Court upholds right to keep weapons at home
By Jennifer McMenamin | Sun reporter
June 27, 2008
In a historic ruling yesterday, the U.S. Supreme Court recognized a constitutional right for individuals to keep guns in their homes for self-defense. It was the first major high court ruling on the Second Amendment.
The 5-4 decision came in a closely watched challenge to a 32-year-old Washington law that prohibited residents from keeping any kind of handgun or shotguns and rifles without trigger locks in their homes – the toughest gun law in the nation.
Although the high court’s decision will have no immediate impact on gun laws beyond the district’s borders – including state gun control laws like those in Maryland – constitutional scholars and advocates on both sides of the gun debate predicted a flood of litigation testing first whether the Second Amendment protection should be applied to state statutes, and then, in a second wave,whether specific state and local gun laws infringe upon an individual’s right to bear arms.

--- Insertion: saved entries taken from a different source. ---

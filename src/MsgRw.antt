-- ===== src/MsgRw.antt =====
-- The class `CMsgRW` of qdcadm/CAdmMsg.h and qdcadm/CAdmMsg.cpp: packets and messages over a socket.
pub mod Messages
pub mod Buffer
pub mod Packets
pub mod Delivery
pub mod Exchange
pub mod Termination
pub mod Channel
pub mod Reply
pub mod Encoding
pub mod Memory
use o2k.Prelude.{
  ℕ, zero, ◌+◌, ◌^◌, ℤ, pos, negsuc, is_neg, not_pos, ◌==ℤ◌, to_int, pos_part, Bool, true, false,
  not, ◌&&◌, List, [], ◌∷◌, length, take, set, tabulate, ltb, leb, ◌==◌, if◌then◌else◌, Option,
  none, some, c_str, codes,
}
use o2k.Outcome.{Outcome, ok, fault, ◌>>=◌}
use o2k.Os.{Os}
use o2k.Socket.{
  ErrText, no_error, invalid_format, size_too_long, not_enough_data, invalid_msg_hdr,
  invalid_msg_bdy, not_cmd, not_result, pack_fail, serialize_fail, overlay, socket_read,
  send_packet, header_of,
}
use o2k.AdminMsg.{
  MsgHeader, MsgHeaderWrap, MsgCmd, MsgResult, PairStrStr, type_command, type_result,
  default_header, default_result, header_or_default, Codec,
}

-- LEN_ADM_PKG and MAX_ADM_PKG
abbrev pub len_adm_pkg : ℕ
len_adm_pkg = 1024

abbrev pub max_adm_pkg : ℕ
max_adm_pkg = 2 ^ 20

-- The fields of the class. `m_msgbuf` points to `m_buf` (`heap` is `none`) or to an array from `new[]`.
pub record MsgRw : Type 0 where
  pub sock : ℤ
  pub errbuf : ErrText
  pub buf : List ℕ
  pub heap : Option (List ℕ)
  pub lenbuf : ℕ
  pub lenmsg : ℕ

-- The array that `m_msgbuf` points to.
abbrev pub msgbuf : MsgRw → List ℕ
msgbuf s = elim s.heap [ none ↦ s.buf | some a ↦ a ]

abbrev pub set_msgbuf : MsgRw → List ℕ → MsgRw
set_msgbuf s mem = elim s.heap [
  | none ↦ record s { buf = mem }
  | some _ ↦ record s { heap = some mem }
]

-- Writes in an array: `n` bytes at its front, and one byte at an index.
unfoldable pub write_front : List ℕ → List ℕ → Outcome (List ℕ)
write_front bs mem = if leb (length bs) (length mem) then ok (overlay bs mem) else fault

unfoldable pub write_at : List ℕ → ℕ → ℕ → Outcome (List ℕ)
write_at mem i v = if ltb i (length mem) then ok (set mem i v) else fault

-- `m_lenbuf > 0 && m_msgbuf != NULL && m_msgbuf != m_buf`, the test before each `delete []`.
unfoldable pub owns_array : MsgRw → Bool
owns_array s = ltb 0 s.lenbuf && elim s.heap [ none ↦ false | some _ ↦ true ]

unfoldable pub clear : MsgRw → Bool → MsgRw
clear s free_buf =
    let s' = record s { lenmsg = 0; errbuf = no_error } in
    if free_buf && owns_array s' then record s' { heap = none; lenbuf = 0 } else s'

module _ {World : Type 0} (os : Os World) where
  -- The constructor.
  unfoldable pub new_msg_rw : ℤ → World → MsgRw
  new_msg_rw sock w = record {
    sock = sock;
    errbuf = no_error;
    buf = set (tabulate (os.junk w) (len_adm_pkg + 2)) 0 0;
    heap = none;
    lenbuf = 0;
    lenmsg = 0;
  }

  -- The array for a payload of `len` bytes: a larger one if the one at hand is too small.
  unfoldable pub make_room : ℕ → World → MsgRw → MsgRw
  make_room len w s =
      if ltb len_adm_pkg len && ltb s.lenbuf len
      then record s { lenbuf = len + 2; heap = some (tabulate (os.junk w) (len + 2)) }
      else s

  -- The payload goes to the front of `m_msgbuf`, with a NUL behind it.
  unfoldable pub read_payload : ℕ → ℕ → MsgRw → World → Outcome (ℤ × MsgRw × World)
  read_payload fuel len s w = do
    (r, w') ← socket_read os fuel s.sock (pos len) s.errbuf w
    mem ← write_front r.bytes (msgbuf s)
    mem' ← write_at mem len 0
    let s' = set_msgbuf s mem'
    if not (r.code ==ℤ pos len)
        then ok (negsuc 0, record s' { errbuf = not_enough_data }, w')
        else ok (r.code, record s' { errbuf = r.err; lenmsg = len }, w')

  -- What `ReadPacket` does with the length from the header.
  unfoldable pub check_length : ℕ → ℤ → MsgRw → World → Outcome (ℤ × MsgRw × World)
  unfolding read_payload
  check_length fuel (negsuc n) s w = ok (negsuc 0, record s { errbuf = invalid_format }, w)
  check_length fuel (pos n) s w =
      if ltb max_adm_pkg n
      then ok (negsuc 0, record s { errbuf = size_too_long n }, w)
      else read_payload fuel n (make_room n w s) w

  -- Nothing is done where the read of the header returns 0, at the end of the stream: the length is
  -- then made of bytes that were not read.
  unfoldable pub read_packet : ℕ → MsgRw → World → Outcome (ℤ × MsgRw × World)
  unfolding check_length clear
  read_packet fuel s w = do
    (h, w') ← socket_read os fuel s.sock (pos 4) no_error w
    let s' = record (clear s false) { errbuf = h.err }
    if is_neg h.code then ok (h.code, s', w') else check_length fuel (header_of os h.bytes w) s' w'

  unfoldable pub send : ℕ → List ℕ → ℤ → MsgRw → World → Outcome (ℤ × MsgRw × World)
  send fuel pkg len s w = do
    (r, w') ← send_packet os fuel s.sock pkg len s.errbuf w
    ok (r.code, record s { errbuf = r.err }, w')

-- `GetPacket`: `none` where it returns false.
unfoldable pub get_packet : MsgRw → Option (List ℕ)
get_packet s = if s.lenmsg == 0 then none else some (take s.lenmsg (msgbuf s))

abbrev pub make_msg_hdr : ℤ → MsgHeader
make_msg_hdr t = record default_header { msg_type = t }

-- `!m.ParseFromString(a) && !m.ParseFromArray(b)`: `none` where both return false.
unfoldable pub parse_either {ℓ} : {A : Type ℓ} → (List ℕ → Option A) → List ℕ → List ℕ → Option A
parse_either parse a b = elim (parse a) [ some m ↦ some m | none ↦ parse b ]

-- The same with `m_msgbuf` and with `m_msgbuf, m_lenmsg`: the conversion of the pointer to a
-- `std::string` ends at the first NUL, and reads outside the array where there is none.
unfoldable pub parse_msgbuf {ℓ} : {A : Type ℓ} → (List ℕ → Option A) → MsgRw → Outcome (Option A)
unfolding parse_either
parse_msgbuf parse s = do
  text ← elim (c_str (msgbuf s)) [ none ↦ fault | some t ↦ ok t ]
  ok (parse_either parse text (take s.lenmsg (msgbuf s)))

“It’s a good day for D.C. and a good day, I think, for the country,” said Robert A. Levy, a multimillionaire and senior fellow in constitutional studies at the Cato Institute who bankrolled the case and recruited plaintiffs to sue the district over the handgun ban.
The majority opinion, written by Justice Antonin Scalia, made clear that the ruling does not endanger long-standing laws that restrict the carrying of concealed weapons, that regulate gun sales, that prohibit unusually dangerous firearms and that ban the possession of guns by felons and the mentally disabled and in certain locations, such as schools and government buildings.